-- ===== src/Ouch.antt =====
-- src/network/OuchClient.h: the outbound connection. The kernel's answers to `send` and
-- `getsockopt` are arguments of the calls that make them, and `wire` is the bytes that `send` has
-- taken. A packet's payload lies in memory, where the client keeps a pointer to the rest of it.
pub mod Session
pub mod Drain
pub mod Packet
use marketdatabook.Common.{
  ℕ, ◌+◌, ◌-◌, ltb, if◌then◌else◌, Bool, true, false, List, [], ◌++◌, Option, none, some,
}
use marketdatabook.Common.{Result, done, threw, send_failed, connect_failed}
use marketdatabook.Common.Bytes.{Bytes}
use marketdatabook.Common.Memory.{Memory, load}

pub data OuchState : Type 0 where
  disconnected connecting connected pending_write : OuchState

-- What `send` answers: the bytes that it took, `EAGAIN` or `EWOULDBLOCK`, or another error.
pub data SendAnswer : Type 0 where
  accepted : ℕ → SendAnswer
  would_block : SendAnswer
  send_error : SendAnswer

-- What `getsockopt` answers for `SO_ERROR`: no error, an error of the connection, or it fails.
pub data OptionAnswer : Type 0 where
  no_error connection_error option_error : OptionAnswer

pub record Client : Type 0 where
  pub state : OuchState
  pub pending_buffer : ℕ
  pub pending_bytes : ℕ
  pub wire : Bytes

abbrev pub new_client : Client
new_client = record { state = disconnected; pending_buffer = 0; pending_bytes = 0; wire = [] }

-- `bytes_written`, where the call does not throw.
abbrev pub bytes_written : SendAnswer → Option ℕ
bytes_written (accepted n) = some n
bytes_written would_block = some 0
bytes_written send_error = none

-- `connect_to_server`, whose result is the one of the socket's `connect`.
unfoldable pub connect_to_server : Client → Client
connect_to_server c = record c { state = connecting }

abbrev pub is_pending : OuchState → Bool
is_pending pending_write = true
is_pending connected = false
is_pending connecting = false
is_pending disconnected = false

-- The end of `send_order`, once `send` has taken `n` bytes.
unfoldable pub after_send : Memory → Client → ℕ → ℕ → ℕ → Client × Bool
after_send m c payload packet_len n =
    let sent = c.wire ++ load m payload n in
    if ltb n packet_len
    then (
      record {
        state = pending_write;
        pending_buffer = payload + n;
        pending_bytes = packet_len - n;
        wire = sent;
      },
      false,
    )
    else (record c { wire = sent }, true)

-- `send_order` of the packet with this payload.
unfoldable pub send_order : Memory → Client → ℕ → ℕ → SendAnswer → Result (Client × Bool)
send_order m c payload packet_len answer =
    if is_pending c.state then done (c, false) else (elim (bytes_written answer) [
      | none ↦ threw send_failed (c, false)
      | some n ↦ done (after_send m c payload packet_len n)
    ])

-- The end of a pending write, once `send` has taken `n` bytes.
unfoldable pub after_write : Memory → Client → ℕ → Client × Bool
after_write m c n =
    let sent = c.wire ++ load m c.pending_buffer n in
    if ltb n c.pending_bytes
    then (
      record c {
        pending_buffer = c.pending_buffer + n;
        pending_bytes = c.pending_bytes - n;
        wire = sent;
      },
      false,
    )
    else (record c { state = connected; wire = sent }, true)

-- The branch of `handle_write` for a pending write.
unfoldable pub finish_write : Memory → Client → SendAnswer → Result (Client × Bool)
finish_write m c answer = elim (bytes_written answer) [
  | none ↦ threw send_failed (c, false)
  | some n ↦ done (after_write m c n)
]

-- The branch for a connection that is being set up.
abbrev pub finish_connect : Client → OptionAnswer → Result (Client × Bool)
finish_connect c no_error = done (record c { state = connected }, true)
finish_connect c connection_error = threw connect_failed (c, false)
finish_connect c option_error = threw connect_failed (c, false)

-- `handle_write` in a state of the client.
abbrev pub handle_in :
    Memory → Client → OptionAnswer → SendAnswer → OuchState → Result (Client × Bool)
handle_in m c option answer connecting = finish_connect c option
handle_in m c option answer pending_write = finish_write m c answer
handle_in m c option answer connected = done (c, true)
handle_in m c option answer disconnected = done (c, true)

abbrev pub handle_write : Memory → Client → OptionAnswer → SendAnswer → Result (Client × Bool)
handle_write m c option answer = handle_in m c option answer c.state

§ **What you should do**
Only the data above, repeated exactly, should make up the reply.

§ **Task answer**
-- ===== src/Ouch.antt =====
-- src/network/OuchClient.h: the outbound connection. The kernel's answers to `send` and
-- `getsockopt` are arguments of the calls that make them, and `wire` is the bytes that `send` has
-- taken. A packet's payload lies in memory, where the client keeps a pointer to the rest of it.
pub mod Session
pub mod Drain
pub mod Packet
use marketdatabook.Common.{
  ℕ, ◌+◌, ◌-◌, ltb, if◌then◌else◌, Bool, true, false, List, [], ◌++◌, Option, none, some,
}
use marketdatabook.Common.{Result, done, threw, send_failed, connect_failed}
use marketdatabook.Common.Bytes.{Bytes}
use marketdatabook.Common.Memory.{Memory, load}

pub data OuchState : Type 0 where
  disconnected connecting connected pending_write : OuchState

-- What `send` answers: the bytes that it took, `EAGAIN` or `EWOULDBLOCK`, or another error.
pub data SendAnswer : Type 0 where
  accepted : ℕ → SendAnswer
  would_block : SendAnswer
  send_error : SendAnswer

-- What `getsockopt` answers for `SO_ERROR`: no error, an error of the connection, or it fails.
pub data OptionAnswer : Type 0 where
  no_error connection_error option_error : OptionAnswer

pub record Client : Type 0 where
  pub state : OuchState
  pub pending_buffer : ℕ
  pub pending_bytes : ℕ
  pub wire : Bytes

abbrev pub new_client : Client
new_client = record { state = disconnected; pending_buffer = 0; pending_bytes = 0; wire = [] }

-- `bytes_written`, where the call does not throw.
abbrev pub bytes_written : SendAnswer → Option ℕ
bytes_written (accepted n) = some n
bytes_written would_block = some 0
bytes_written send_error = none

-- `connect_to_server`, whose result is the one of the socket's `connect`.
unfoldable pub connect_to_server : Client → Client
connect_to_server c = record c { state = connecting }

abbrev pub is_pending : OuchState → Bool
is_pending pending_write = true
is_pending connected = false
is_pending connecting = false
is_pending disconnected = false

-- The end of `send_order`, once `send` has taken `n` bytes.
unfoldable pub after_send : Memory → Client → ℕ → ℕ → ℕ → Client × Bool
after_send m c payload packet_len n =
    let sent = c.wire ++ load m payload n in
    if ltb n packet_len
    then (
      record {
        state = pending_write;
        pending_buffer = payload + n;
        pending_bytes = packet_len - n;
        wire = sent;
      },
      false,
    )
    else (record c { wire = sent }, true)

-- `send_order` of the packet with this payload.
unfoldable pub send_order : Memory → Client → ℕ → ℕ → SendAnswer → Result (Client × Bool)
send_order m c payload packet_len answer =
    if is_pending c.state then done (c, false) else (elim (bytes_written answer) [
      | none ↦ threw send_failed (c, false)
      | some n ↦ done (after_send m c payload packet_len n)
    ])

-- The end of a pending write, once `send` has taken `n` bytes.
unfoldable pub after_write : Memory → Client → ℕ → Client × Bool
after_write m c n =
    let sent = c.wire ++ load m c.pending_buffer n in
    if ltb n c.pending_bytes
    then (
      record c {
        pending_buffer = c.pending_buffer + n;
        pending_bytes = c.pending_bytes - n;
        wire = sent;
      },
      false,
    )
    else (record c { state = connected; wire = sent }, true)

-- The branch of `handle_write` for a pending write.
unfoldable pub finish_write : Memory → Client → SendAnswer → Result (Client × Bool)
finish_write m c answer = elim (bytes_written answer) [
  | none ↦ threw send_failed (c, false)
  | some n ↦ done (after_write m c n)
]

-- The branch for a connection that is being set up.
abbrev pub finish_connect : Client → OptionAnswer → Result (Client × Bool)
finish_connect c no_error = done (record c { state = connected }, true)
finish_connect c connection_error = threw connect_failed (c, false)
finish_connect c option_error = threw connect_failed (c, false)

-- `handle_write` in a state of the client.
abbrev pub handle_in :
    Memory → Client → OptionAnswer → SendAnswer → OuchState → Result (Client × Bool)
handle_in m c option answer connecting = finish_connect c option
handle_in m c option answer pending_write = finish_write m c answer
handle_in m c option answer connected = done (c, true)
handle_in m c option answer disconnected = done (c, true)

abbrev pub handle_write : Memory → Client → OptionAnswer → SendAnswer → Result (Client × Bool)
handle_write m c option answer = handle_in m c option answer c.state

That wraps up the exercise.